Prebiotic and Probiotic Treatment Trial in Multiple Sclerosis

This is a randomized crossover-designed study to explore the immunologic effects of Prebiotics, as opposed to direct supplementation with beneficial bacteria (Probiotics) in the immune system of patients with MS and Clinically Isolated Syndrome (CIS). Eligible patients will take 6 weeks of two different supplements - Prebiotics and Probiotics. Participants will be randomly assigned to take either of two agents for 6 weeks as their first supplement. Then, participants enter a 6-week washout period. After the washout period, participants will take the second supplement for 6 weeks.
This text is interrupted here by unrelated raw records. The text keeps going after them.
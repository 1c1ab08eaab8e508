-- ===== src/Compat/Map/Steps.antt =====
-- crust/src/compat/connection_map.rs: the runs of a connection map, by its owner's calls and by the
-- steps of its reading tasks.
use crust_futures.Base.{
  ℕ, ◌≡◌, refl, sym, ap, ◌∙◌, subst, List, [], ◌∷◌, ◌++◌, Option, none, some, Bool, false, inl, inr,
  Memᴰ, Bool-cases, same, eq→same, if◌then◌else◌,
}
use crust_futures.Addr.{IpAddr, SocketAddr, CrustUser, Uid}
use crust_futures.Compat.Event.{Event, lost_peer}
use crust_futures.Compat.Map.{
  PeerWrapper, ReadTask, State, new, get, erase, without, insert_peer, removed, remove, sent_to,
  send, whitelist_filter, clear, receive, finish,
}
use crust_futures.Compat.Map.Laws.{get-erase}
use crust_futures.Compat.Map.Entries.{Apart-unique, Memᴰ-get, fire_there, fire-without}
use crust_futures.Compat.Map.Connected.{
  IsConnected, task_of, task_there, entry_there, insert_peer-IsConnected, remove-IsConnected,
  whitelist_filter-IsConnected, clear-IsConnected, without-IsConnected,
}

module _ {U B : Type 0} (uids : Uid U) where
  -- A step of the map: a call of its owner, a message on a connection, or the end of a task.
  pub data Step (s : State U B) : State U B → Type 0 where
    inserts :
        (u : U) (kind : CrustUser) (addr : SocketAddr) → Step s (insert_peer uids u kind addr s).0
    removes : (u : U) → Step s (remove uids u s).0
    sends :
        (accepts : ℕ → Bool) (u : U) (msg : B) (priority : ℕ)
        → Step s (send uids accepts u msg priority s).0
    filters :
        (client_ips node_ips : List IpAddr) → Step s (whitelist_filter uids client_ips node_ips s)
    clears : Step s (clear uids s)
    receives : (t : ReadTask U) (msg : B) → Memᴰ t s.tasks → Step s (receive uids t msg s)
    finishes : (t : ReadTask U) → Memᴰ t s.tasks → Step s (finish uids t s)
    -- Other events go over the same channel.
    tells : (e : Event U B) → Step s (record s { events = s.events ++ e ∷ [] })

  pub data Reach (s : State U B) : State U B → Type 0 where
    here : Reach s s
    next : {t u : State U B} → Reach s t → Step t u → Reach s u

  told-IsConnected :
      (s : State U B) (sent : List (ℕ × ℕ × B)) (events : List (Event U B))
      → IsConnected uids s
      → IsConnected uids (record s { sent = sent; events = events })
  told-IsConnected s sent events c = record {
    distinct = c.distinct;
    apart = c.apart;
    fresh = c.fresh;
    mapped = c.mapped;
    live = c.live;
  }

  -- Taking the task off first comes to the same.
  removed-without :
      (u : U) (k : ℕ) (o : Option PeerWrapper) (s : State U B)
      → (removed uids o u (record s { tasks = without k s.tasks })).0
        ≡ record (removed uids o u s).0 { tasks = without k (removed uids o u s).0.tasks }
  unfolding removed
  removed-without u k none s = refl
  removed-without u k (some w) s =
      ap (λ ts. record s { map = erase uids u s.map; tasks = ts }) (fire-without w.conn k s.tasks)

  removed_there :
      (u : U) (o : Option PeerWrapper) (t : ReadTask U) (s : State U B)
      → Memᴰ t s.tasks
      → (x : ReadTask U) × Memᴰ x (removed uids o u s).0.tasks × (x.conn ≡ t.conn) × (x.uid ≡ t.uid)
  unfolding removed
  removed_there u none t s m = (t, m, refl, refl)
  removed_there u (some w) t s m = fire_there w.conn t s.tasks m

  removed_absent :
      (u : U) (o : Option PeerWrapper) (s : State U B)
      → get uids u s.map ≡ o
      → get uids u (removed uids o u s).0.map ≡ none
  unfolding removed
  removed_absent u none s e = e
  removed_absent u (some w) s e =
      get-erase uids u u s.map
      ∙ ap (λ b. if b then none else get uids u s.map) (eq→same uids.eq u u refl)

  finish-IsConnected :
      (s : State U B) (t : ReadTask U)
      → IsConnected uids s
      → Memᴰ t s.tasks
      → IsConnected uids (finish uids t s)
  unfolding finish remove
  finish-IsConnected s t c m =
      let s1 = (remove uids t.uid s).0 in
      let c1 : IsConnected uids s1 = remove-IsConnected uids s c t.uid in
      let (x, there, same_conn, same_uid) = removed_there t.uid (get uids t.uid s.map) t s m in
      let gone : get uids t.uid s1.map ≡ none =
        removed_absent t.uid (get uids t.uid s.map) s refl in
      let s2 : State U B = record s1 { tasks = without t.conn s1.tasks } in
      let c2 : IsConnected uids s2 = without-IsConnected uids s1 c1 t.conn (λ e k q.
        let one : task_of e ≡ x =
          Apart-unique (task_of e) x s1.tasks c1.apart (task_there uids s1 c1 e k) there
            (sym q ∙ sym same_conn) in
        let owner : e.0 ≡ t.uid = ap (λ z. z.uid) one ∙ same_uid in
        let found = Memᴰ-get uids e s1.map c1.distinct k in
        let clash : some e.1 ≡ none = sym found ∙ (ap (λ z. get uids z s1.map) owner ∙ gone) in
        cc) in
      subst (λ z. IsConnected uids (record z { events = z.events ++ lost_peer t.uid ∷ [] }))
        (sym (removed-without t.uid t.conn (get uids t.uid s.map) s))
        (told-IsConnected s2 s2.sent (s2.events ++ lost_peer t.uid ∷ []) c2)

  sent_to-IsConnected :
      (o : Option PeerWrapper) (accepts : ℕ → Bool) (msg : B) (priority : ℕ) (s : State U B)
      → IsConnected uids s
      → IsConnected uids (sent_to uids o accepts priority msg s).0
  unfolding sent_to
  sent_to-IsConnected none accepts msg priority s c = c
  sent_to-IsConnected (some w) accepts msg priority s c = elim (Bool-cases (accepts w.conn)) [
    | inl e ↦ rw e (told-IsConnected s (s.sent ++ (w.conn, priority, msg) ∷ []) s.events c)
    | inr e ↦ rw e c
  ]

  Step-IsConnected : {s t : State U B} → Step s t → IsConnected uids s → IsConnected uids t
  unfolding receive send
  Step-IsConnected {s} (inserts u kind addr) c = insert_peer-IsConnected uids s c u kind addr
  Step-IsConnected {s} (removes u) c = remove-IsConnected uids s c u
  Step-IsConnected {s} (sends accepts u msg priority) c =
      sent_to-IsConnected (get uids u s.map) accepts msg priority s c
  Step-IsConnected {s} (filters client_ips node_ips) c =
      whitelist_filter-IsConnected uids s c client_ips node_ips
  Step-IsConnected {s} clears c = clear-IsConnected uids s c
  Step-IsConnected {s} (receives t msg m) c = told-IsConnected s s.sent _ c
  Step-IsConnected {s} (finishes t m) c = finish-IsConnected s t c m
  Step-IsConnected {s} (tells e) c = told-IsConnected s s.sent _ c

  pub new-IsConnected : IsConnected {B = B} uids (new uids)
  unfolding new
  new-IsConnected = record { distinct = tt; apart = tt; fresh = tt; mapped = tt; live = tt }

  -- However a connection map is used, and whatever its reading tasks do, it names a uid once, each of
  -- its connections has exactly one task that reads from it and has had no notice, and a task
  -- without a notice reads from a connection of the map.
  pub Reach-IsConnected : {s t : State U B} → Reach s t → IsConnected uids s → IsConnected uids t
  Reach-IsConnected here c = c
  Reach-IsConnected (next r st) c = Step-IsConnected st (Reach-IsConnected r c)

  -- From a new map on, the end of a task that has had no notice takes its own connection off the map,
  -- and leaves the look-up of every other uid as it was.
  pub finish_own :
      (s : State U B) (t : ReadTask U) (v : U)
      → Reach (new uids) s
      → Memᴰ t s.tasks
      → t.notified ≡ false
      → ((w : PeerWrapper) × (get uids t.uid s.map ≡ some w) × (w.conn ≡ t.conn))
        × (get uids v (finish uids t s).map
            ≡ (if same uids.eq t.uid v then none else get uids v s.map))
  unfolding finish remove removed
  finish_own s t v r m n =
      let c = Reach-IsConnected r new-IsConnected in
      let (w, found, q) = entry_there uids s c t m n in
      (
        (w, found, q),
        ap
              (λ o.
                get uids v
                  (removed uids o t.uid (record s { tasks = without t.conn s.tasks })).0.map)
              found
            ∙ get-erase uids t.uid v s.map,
      )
After taking the second supplement, participants will have a 6-week washout period.

Study Overview

• Status: Recruiting
• Conditions: Multiple Sclerosis; Clinically Isolated Syndrome (CIS)
• Intervention / Treatment: Dietary supplement: Prebiotics (Prebiotin Prebiotic Fiber Stick Pac); Dietary supplement: Probiotics (Visbiome®)

Detailed Description

Soluble fibers (prebiotics) are fermented by beneficial bacteria (probiotics) in the colon to produce short-chain fatty acids (SCFAs) which are the main source of nutrition for the cells in the gut. It has been reported that the fermentable fiber inulin and SCFAs may exert some beneficial effects including anti-inflammatory effect on the immune system. To date, the effect of supplementation with fermentable dietary fiber, such as prebiotics in patients with Multiple Sclerosis (MS) has not been investigated.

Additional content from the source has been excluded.